◆ EXERCISE
From the entries below, retype only the lines from the one with "((lit_value v e || lit_value v o) ≡ true" through the one with "TruePrefix v (i + j) rest)", exactly as written.

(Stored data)
-- -- --
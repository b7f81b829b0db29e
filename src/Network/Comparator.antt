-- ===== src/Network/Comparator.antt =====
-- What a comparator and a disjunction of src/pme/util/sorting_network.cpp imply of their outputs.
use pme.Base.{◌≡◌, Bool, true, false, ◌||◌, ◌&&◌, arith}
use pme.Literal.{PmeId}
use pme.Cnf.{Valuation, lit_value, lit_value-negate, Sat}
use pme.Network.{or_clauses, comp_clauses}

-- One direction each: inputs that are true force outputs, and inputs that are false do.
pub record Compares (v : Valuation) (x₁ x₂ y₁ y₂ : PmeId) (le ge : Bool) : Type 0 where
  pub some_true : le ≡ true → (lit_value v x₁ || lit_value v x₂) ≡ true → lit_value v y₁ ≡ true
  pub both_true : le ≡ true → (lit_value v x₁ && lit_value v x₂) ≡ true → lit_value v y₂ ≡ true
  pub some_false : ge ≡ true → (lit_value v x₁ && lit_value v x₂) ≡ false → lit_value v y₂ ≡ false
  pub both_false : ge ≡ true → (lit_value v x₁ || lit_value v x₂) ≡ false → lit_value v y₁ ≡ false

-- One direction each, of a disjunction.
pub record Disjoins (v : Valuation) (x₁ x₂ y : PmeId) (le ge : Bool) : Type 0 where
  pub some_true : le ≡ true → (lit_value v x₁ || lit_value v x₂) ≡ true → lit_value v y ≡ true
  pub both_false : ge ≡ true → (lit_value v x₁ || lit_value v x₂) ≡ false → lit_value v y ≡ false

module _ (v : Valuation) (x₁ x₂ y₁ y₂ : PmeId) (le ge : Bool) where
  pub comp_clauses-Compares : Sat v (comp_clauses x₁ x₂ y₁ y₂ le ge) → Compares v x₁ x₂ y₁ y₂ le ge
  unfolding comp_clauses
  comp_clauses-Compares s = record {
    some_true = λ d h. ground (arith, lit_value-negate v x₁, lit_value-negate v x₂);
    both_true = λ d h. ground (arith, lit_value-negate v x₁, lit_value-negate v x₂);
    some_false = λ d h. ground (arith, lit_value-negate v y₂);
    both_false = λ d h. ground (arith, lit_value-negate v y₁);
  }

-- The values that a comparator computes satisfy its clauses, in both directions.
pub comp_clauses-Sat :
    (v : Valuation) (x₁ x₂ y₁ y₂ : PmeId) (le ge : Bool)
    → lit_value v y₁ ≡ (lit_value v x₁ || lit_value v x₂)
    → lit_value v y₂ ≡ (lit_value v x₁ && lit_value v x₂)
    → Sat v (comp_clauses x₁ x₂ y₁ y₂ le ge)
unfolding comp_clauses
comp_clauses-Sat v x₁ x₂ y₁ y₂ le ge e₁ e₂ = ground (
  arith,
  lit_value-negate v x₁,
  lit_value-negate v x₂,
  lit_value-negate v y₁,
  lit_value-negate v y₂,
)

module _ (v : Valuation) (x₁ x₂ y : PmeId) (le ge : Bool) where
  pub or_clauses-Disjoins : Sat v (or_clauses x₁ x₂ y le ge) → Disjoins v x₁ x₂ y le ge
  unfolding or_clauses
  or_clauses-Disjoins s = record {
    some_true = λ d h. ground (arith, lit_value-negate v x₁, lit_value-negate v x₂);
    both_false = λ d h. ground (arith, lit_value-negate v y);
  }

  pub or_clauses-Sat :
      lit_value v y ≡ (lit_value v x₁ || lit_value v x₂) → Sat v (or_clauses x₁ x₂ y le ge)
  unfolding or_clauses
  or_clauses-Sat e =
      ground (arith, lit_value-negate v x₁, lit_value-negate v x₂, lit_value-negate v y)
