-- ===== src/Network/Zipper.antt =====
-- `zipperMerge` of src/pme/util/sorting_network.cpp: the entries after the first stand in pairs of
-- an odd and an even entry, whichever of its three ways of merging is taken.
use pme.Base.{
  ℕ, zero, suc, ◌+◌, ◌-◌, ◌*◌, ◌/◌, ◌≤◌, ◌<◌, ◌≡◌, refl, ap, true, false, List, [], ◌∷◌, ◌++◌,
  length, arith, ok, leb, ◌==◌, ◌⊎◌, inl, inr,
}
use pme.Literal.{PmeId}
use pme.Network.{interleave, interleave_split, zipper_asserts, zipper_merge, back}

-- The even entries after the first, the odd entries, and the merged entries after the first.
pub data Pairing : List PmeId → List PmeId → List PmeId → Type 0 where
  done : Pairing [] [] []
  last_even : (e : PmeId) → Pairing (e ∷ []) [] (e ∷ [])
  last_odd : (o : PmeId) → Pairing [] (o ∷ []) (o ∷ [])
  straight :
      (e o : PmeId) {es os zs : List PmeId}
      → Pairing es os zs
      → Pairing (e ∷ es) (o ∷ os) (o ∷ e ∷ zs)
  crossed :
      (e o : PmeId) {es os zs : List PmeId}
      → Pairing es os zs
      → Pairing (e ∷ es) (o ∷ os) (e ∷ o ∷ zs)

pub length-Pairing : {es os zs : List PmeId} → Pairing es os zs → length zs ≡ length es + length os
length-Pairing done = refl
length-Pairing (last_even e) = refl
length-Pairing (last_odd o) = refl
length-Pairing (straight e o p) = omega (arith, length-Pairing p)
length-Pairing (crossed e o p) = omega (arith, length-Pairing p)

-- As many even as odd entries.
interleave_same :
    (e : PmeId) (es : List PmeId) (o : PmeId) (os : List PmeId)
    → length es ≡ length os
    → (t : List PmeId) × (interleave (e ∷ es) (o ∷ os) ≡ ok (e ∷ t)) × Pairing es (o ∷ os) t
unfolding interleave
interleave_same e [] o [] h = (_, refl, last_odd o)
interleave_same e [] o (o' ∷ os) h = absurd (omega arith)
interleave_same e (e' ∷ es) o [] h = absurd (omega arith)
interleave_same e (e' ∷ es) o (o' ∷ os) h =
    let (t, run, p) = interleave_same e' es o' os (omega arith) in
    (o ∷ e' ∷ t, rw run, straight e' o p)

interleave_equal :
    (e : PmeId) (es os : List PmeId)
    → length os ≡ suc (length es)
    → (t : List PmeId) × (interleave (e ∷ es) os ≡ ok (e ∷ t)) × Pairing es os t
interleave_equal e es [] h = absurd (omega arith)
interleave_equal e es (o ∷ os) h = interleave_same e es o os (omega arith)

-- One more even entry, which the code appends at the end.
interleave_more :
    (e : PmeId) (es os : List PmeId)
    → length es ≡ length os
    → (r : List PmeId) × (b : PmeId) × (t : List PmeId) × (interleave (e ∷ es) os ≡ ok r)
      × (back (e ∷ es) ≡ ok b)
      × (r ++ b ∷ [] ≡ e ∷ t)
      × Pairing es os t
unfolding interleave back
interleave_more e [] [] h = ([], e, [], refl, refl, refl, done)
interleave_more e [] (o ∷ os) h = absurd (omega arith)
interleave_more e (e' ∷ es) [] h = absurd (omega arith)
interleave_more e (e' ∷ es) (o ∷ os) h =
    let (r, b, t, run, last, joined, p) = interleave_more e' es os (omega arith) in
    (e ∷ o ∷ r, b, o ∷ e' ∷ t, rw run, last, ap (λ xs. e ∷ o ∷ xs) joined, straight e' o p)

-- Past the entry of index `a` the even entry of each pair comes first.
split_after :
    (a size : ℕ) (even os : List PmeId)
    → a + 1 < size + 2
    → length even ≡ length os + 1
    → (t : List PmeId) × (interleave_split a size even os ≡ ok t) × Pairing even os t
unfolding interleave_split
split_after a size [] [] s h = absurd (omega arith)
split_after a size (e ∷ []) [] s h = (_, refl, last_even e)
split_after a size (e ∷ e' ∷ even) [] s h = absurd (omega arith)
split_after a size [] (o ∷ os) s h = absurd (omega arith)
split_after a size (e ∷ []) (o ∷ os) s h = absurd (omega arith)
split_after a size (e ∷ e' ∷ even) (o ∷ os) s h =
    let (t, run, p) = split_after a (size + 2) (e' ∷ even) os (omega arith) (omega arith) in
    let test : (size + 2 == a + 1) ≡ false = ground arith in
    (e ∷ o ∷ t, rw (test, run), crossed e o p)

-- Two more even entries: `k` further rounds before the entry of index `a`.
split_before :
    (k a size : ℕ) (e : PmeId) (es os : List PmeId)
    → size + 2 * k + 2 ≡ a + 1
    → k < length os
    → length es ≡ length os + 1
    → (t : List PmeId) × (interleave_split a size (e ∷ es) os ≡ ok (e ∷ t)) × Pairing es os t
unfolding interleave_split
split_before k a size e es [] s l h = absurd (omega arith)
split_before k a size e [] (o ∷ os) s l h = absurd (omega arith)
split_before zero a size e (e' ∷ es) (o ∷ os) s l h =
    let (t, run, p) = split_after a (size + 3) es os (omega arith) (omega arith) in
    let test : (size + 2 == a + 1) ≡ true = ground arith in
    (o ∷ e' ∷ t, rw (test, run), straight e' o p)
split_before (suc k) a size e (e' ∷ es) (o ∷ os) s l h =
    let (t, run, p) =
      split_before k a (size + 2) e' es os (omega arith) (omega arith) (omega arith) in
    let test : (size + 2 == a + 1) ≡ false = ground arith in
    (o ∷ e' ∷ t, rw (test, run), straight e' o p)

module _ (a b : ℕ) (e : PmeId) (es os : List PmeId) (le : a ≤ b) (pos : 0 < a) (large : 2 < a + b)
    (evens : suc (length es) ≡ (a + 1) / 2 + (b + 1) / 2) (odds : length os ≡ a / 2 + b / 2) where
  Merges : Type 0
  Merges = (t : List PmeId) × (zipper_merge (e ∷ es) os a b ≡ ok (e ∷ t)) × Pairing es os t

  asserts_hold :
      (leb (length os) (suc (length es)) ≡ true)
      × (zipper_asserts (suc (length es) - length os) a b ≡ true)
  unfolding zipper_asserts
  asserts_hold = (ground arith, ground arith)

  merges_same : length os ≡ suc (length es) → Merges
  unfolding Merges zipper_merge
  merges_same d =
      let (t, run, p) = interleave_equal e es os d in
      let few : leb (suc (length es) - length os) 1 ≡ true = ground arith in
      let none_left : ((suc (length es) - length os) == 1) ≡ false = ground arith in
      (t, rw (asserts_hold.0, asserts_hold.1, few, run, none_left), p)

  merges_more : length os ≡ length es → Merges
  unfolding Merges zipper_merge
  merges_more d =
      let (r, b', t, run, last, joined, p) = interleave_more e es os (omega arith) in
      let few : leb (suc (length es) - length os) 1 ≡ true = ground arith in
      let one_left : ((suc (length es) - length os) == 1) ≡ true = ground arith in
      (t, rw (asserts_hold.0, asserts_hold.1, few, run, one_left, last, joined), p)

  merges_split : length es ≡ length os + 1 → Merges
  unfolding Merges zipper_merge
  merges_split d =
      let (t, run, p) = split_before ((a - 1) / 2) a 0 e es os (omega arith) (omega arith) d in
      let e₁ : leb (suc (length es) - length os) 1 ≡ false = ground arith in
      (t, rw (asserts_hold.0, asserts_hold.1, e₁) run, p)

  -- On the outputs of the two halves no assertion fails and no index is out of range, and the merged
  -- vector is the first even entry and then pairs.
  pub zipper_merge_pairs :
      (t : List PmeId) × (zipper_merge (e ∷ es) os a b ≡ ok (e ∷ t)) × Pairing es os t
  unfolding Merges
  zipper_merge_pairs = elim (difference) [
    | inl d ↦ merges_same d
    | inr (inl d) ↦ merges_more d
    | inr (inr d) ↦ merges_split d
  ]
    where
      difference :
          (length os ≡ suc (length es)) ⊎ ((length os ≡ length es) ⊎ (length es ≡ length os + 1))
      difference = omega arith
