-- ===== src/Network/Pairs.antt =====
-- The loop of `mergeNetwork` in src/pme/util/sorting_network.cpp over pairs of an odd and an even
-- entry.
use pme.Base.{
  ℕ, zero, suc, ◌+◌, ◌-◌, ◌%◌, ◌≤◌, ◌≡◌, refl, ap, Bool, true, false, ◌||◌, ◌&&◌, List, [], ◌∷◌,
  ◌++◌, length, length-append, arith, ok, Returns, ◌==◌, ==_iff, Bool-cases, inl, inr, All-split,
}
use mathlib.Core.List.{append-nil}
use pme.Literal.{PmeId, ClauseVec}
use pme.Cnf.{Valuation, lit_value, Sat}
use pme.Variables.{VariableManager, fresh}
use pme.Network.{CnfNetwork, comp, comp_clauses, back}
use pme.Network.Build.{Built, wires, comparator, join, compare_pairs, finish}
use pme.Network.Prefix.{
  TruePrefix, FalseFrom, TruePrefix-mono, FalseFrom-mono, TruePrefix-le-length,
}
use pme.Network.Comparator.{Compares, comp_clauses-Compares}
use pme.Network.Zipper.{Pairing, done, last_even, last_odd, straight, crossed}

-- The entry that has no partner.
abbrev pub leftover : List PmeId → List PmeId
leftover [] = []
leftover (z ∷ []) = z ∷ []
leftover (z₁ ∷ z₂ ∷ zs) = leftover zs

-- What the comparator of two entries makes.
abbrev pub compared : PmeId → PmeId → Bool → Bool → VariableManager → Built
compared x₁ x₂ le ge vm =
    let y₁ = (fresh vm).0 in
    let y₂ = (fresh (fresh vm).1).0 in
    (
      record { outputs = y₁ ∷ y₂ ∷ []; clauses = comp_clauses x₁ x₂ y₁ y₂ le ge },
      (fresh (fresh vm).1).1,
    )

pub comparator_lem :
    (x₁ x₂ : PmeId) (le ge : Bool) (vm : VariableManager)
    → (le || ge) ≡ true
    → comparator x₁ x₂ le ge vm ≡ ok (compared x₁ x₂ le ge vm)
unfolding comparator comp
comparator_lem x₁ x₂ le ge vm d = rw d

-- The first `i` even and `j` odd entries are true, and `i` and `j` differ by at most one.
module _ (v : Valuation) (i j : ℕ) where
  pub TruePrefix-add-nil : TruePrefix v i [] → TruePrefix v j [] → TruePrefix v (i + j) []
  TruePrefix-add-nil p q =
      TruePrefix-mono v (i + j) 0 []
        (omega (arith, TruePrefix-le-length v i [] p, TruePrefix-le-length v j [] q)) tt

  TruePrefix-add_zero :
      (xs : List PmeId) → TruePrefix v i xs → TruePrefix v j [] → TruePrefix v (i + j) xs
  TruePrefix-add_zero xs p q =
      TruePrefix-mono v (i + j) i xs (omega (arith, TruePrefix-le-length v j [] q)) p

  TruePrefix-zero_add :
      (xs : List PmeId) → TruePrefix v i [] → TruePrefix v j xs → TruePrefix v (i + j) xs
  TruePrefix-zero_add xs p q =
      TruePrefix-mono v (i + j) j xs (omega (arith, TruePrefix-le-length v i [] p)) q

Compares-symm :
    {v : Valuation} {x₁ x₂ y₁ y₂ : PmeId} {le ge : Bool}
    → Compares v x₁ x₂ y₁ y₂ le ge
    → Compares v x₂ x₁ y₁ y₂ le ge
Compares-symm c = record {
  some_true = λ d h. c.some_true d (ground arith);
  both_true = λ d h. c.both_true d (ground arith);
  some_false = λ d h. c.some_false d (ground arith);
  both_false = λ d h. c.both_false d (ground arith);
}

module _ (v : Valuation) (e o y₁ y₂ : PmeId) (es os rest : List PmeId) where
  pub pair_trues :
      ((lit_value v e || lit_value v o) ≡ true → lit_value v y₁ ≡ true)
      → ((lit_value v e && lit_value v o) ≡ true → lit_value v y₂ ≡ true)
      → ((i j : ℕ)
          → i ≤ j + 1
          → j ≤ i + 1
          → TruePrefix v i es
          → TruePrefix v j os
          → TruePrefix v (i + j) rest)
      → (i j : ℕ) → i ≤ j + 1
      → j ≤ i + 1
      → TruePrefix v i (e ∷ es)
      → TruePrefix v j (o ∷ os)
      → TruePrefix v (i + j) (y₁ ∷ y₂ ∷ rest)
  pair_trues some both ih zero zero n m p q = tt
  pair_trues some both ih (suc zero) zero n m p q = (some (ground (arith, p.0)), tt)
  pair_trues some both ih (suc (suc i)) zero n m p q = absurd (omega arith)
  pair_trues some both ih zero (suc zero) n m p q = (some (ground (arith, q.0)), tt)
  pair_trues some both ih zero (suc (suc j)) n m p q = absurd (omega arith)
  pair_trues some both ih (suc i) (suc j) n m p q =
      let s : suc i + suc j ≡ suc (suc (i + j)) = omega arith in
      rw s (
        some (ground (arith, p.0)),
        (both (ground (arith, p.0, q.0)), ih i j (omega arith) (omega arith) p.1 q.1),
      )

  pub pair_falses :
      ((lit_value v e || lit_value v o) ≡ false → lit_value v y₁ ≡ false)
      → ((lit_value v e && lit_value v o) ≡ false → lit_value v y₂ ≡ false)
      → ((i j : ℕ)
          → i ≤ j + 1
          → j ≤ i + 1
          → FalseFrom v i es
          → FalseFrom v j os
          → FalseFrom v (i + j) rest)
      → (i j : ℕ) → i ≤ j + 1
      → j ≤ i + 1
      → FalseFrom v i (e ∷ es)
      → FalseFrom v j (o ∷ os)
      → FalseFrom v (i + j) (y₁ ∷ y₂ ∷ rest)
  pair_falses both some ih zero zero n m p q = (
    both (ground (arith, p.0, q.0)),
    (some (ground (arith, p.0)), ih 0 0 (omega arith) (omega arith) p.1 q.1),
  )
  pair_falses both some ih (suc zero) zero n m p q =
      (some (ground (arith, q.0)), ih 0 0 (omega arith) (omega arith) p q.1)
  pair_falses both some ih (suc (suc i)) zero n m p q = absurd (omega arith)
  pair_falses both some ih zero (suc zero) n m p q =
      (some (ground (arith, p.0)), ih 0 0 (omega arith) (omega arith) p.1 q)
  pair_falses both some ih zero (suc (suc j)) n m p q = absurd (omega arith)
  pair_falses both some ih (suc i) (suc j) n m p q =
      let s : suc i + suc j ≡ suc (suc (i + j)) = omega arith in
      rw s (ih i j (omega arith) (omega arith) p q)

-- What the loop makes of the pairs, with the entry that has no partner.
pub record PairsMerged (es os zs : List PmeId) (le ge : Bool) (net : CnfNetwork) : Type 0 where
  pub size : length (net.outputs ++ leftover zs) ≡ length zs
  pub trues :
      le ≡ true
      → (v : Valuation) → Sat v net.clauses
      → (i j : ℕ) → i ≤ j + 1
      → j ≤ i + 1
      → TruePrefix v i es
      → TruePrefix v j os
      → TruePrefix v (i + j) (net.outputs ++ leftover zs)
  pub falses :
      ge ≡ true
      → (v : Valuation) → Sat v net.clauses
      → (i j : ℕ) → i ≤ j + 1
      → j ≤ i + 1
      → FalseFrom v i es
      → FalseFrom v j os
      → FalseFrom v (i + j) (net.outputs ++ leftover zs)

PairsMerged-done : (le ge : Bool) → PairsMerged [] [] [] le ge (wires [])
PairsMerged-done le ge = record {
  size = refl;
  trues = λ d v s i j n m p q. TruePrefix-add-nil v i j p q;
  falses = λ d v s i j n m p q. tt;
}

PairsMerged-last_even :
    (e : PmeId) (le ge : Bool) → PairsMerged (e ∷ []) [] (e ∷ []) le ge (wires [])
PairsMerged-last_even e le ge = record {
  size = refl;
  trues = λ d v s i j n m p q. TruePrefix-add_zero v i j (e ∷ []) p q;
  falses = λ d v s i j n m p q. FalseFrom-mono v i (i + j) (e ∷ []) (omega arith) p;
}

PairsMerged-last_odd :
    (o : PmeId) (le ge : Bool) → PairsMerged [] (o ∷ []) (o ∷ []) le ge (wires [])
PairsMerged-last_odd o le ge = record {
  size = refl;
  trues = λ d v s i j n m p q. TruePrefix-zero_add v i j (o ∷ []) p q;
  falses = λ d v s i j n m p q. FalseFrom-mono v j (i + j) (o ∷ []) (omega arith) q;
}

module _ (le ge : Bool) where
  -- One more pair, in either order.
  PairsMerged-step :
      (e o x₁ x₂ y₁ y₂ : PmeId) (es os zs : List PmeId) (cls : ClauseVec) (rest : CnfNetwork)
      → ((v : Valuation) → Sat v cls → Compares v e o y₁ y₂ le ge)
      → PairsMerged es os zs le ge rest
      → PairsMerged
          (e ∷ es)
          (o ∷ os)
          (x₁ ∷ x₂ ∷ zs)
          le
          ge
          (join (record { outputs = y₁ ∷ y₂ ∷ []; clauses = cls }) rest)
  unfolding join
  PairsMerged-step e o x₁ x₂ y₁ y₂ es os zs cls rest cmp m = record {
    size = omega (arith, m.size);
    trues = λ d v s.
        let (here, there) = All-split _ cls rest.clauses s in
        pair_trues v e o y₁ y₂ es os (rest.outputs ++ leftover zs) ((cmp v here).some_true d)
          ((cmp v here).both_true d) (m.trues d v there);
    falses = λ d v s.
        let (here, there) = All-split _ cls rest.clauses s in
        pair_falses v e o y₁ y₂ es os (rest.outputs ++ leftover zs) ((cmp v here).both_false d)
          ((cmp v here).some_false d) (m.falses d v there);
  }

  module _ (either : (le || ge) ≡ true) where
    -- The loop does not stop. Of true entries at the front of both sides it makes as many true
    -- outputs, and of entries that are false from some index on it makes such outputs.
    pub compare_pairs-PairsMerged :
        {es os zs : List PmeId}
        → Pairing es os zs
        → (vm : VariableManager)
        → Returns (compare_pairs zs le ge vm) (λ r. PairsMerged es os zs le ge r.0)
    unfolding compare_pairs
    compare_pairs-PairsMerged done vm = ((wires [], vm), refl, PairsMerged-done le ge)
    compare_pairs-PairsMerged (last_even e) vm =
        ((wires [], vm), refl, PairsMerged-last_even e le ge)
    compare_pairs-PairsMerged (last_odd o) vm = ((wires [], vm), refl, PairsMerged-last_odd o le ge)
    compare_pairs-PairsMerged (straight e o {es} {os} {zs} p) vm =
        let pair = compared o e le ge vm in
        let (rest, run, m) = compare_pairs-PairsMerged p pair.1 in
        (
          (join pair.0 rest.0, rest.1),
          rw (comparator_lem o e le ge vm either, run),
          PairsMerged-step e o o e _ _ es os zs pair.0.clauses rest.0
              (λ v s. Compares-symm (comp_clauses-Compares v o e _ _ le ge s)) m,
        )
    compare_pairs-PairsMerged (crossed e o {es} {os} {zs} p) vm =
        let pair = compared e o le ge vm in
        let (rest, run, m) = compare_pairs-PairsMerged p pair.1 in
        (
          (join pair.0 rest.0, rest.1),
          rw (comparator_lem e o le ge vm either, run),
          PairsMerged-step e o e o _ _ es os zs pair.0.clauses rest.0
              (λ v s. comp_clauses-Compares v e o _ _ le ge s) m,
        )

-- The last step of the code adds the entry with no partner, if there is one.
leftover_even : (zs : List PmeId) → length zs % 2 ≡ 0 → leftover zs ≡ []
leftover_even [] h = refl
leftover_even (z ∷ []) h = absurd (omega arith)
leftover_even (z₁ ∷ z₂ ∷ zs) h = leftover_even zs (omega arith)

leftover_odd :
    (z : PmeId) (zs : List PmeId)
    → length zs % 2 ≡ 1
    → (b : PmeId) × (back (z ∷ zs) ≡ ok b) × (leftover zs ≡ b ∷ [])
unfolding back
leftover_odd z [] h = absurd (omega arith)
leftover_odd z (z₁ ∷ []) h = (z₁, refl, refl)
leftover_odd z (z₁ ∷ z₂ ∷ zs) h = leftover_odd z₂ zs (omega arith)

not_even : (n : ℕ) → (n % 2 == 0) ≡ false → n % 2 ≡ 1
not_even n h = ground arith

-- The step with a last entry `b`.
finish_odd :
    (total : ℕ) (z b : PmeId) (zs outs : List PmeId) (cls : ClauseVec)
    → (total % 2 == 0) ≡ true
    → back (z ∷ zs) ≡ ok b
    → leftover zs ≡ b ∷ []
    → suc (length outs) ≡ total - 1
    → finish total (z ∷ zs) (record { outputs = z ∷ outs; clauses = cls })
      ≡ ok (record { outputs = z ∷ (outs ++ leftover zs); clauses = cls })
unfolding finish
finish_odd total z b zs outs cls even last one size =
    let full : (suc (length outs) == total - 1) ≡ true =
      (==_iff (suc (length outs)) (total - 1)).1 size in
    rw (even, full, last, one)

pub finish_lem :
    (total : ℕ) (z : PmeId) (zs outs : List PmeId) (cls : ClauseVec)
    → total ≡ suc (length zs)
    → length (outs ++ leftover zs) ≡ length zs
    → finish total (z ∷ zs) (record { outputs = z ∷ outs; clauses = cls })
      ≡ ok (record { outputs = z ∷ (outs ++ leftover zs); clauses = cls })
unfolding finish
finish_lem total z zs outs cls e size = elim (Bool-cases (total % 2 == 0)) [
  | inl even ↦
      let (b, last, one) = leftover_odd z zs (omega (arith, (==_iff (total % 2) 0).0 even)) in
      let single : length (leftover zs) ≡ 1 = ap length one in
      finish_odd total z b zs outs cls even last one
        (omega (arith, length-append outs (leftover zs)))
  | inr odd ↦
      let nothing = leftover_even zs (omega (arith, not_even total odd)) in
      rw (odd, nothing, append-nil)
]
-- -- --
◆ RESPONSE TO THIS TASK
      ((lit_value v e || lit_value v o) ≡ true → lit_value v y₁ ≡ true)
      → ((lit_value v e && lit_value v o) ≡ true → lit_value v y₂ ≡ true)
      → ((i j : ℕ)
          → i ≤ j + 1
          → j ≤ i + 1
          → TruePrefix v i es
          → TruePrefix v j os
          → TruePrefix v (i + j) rest)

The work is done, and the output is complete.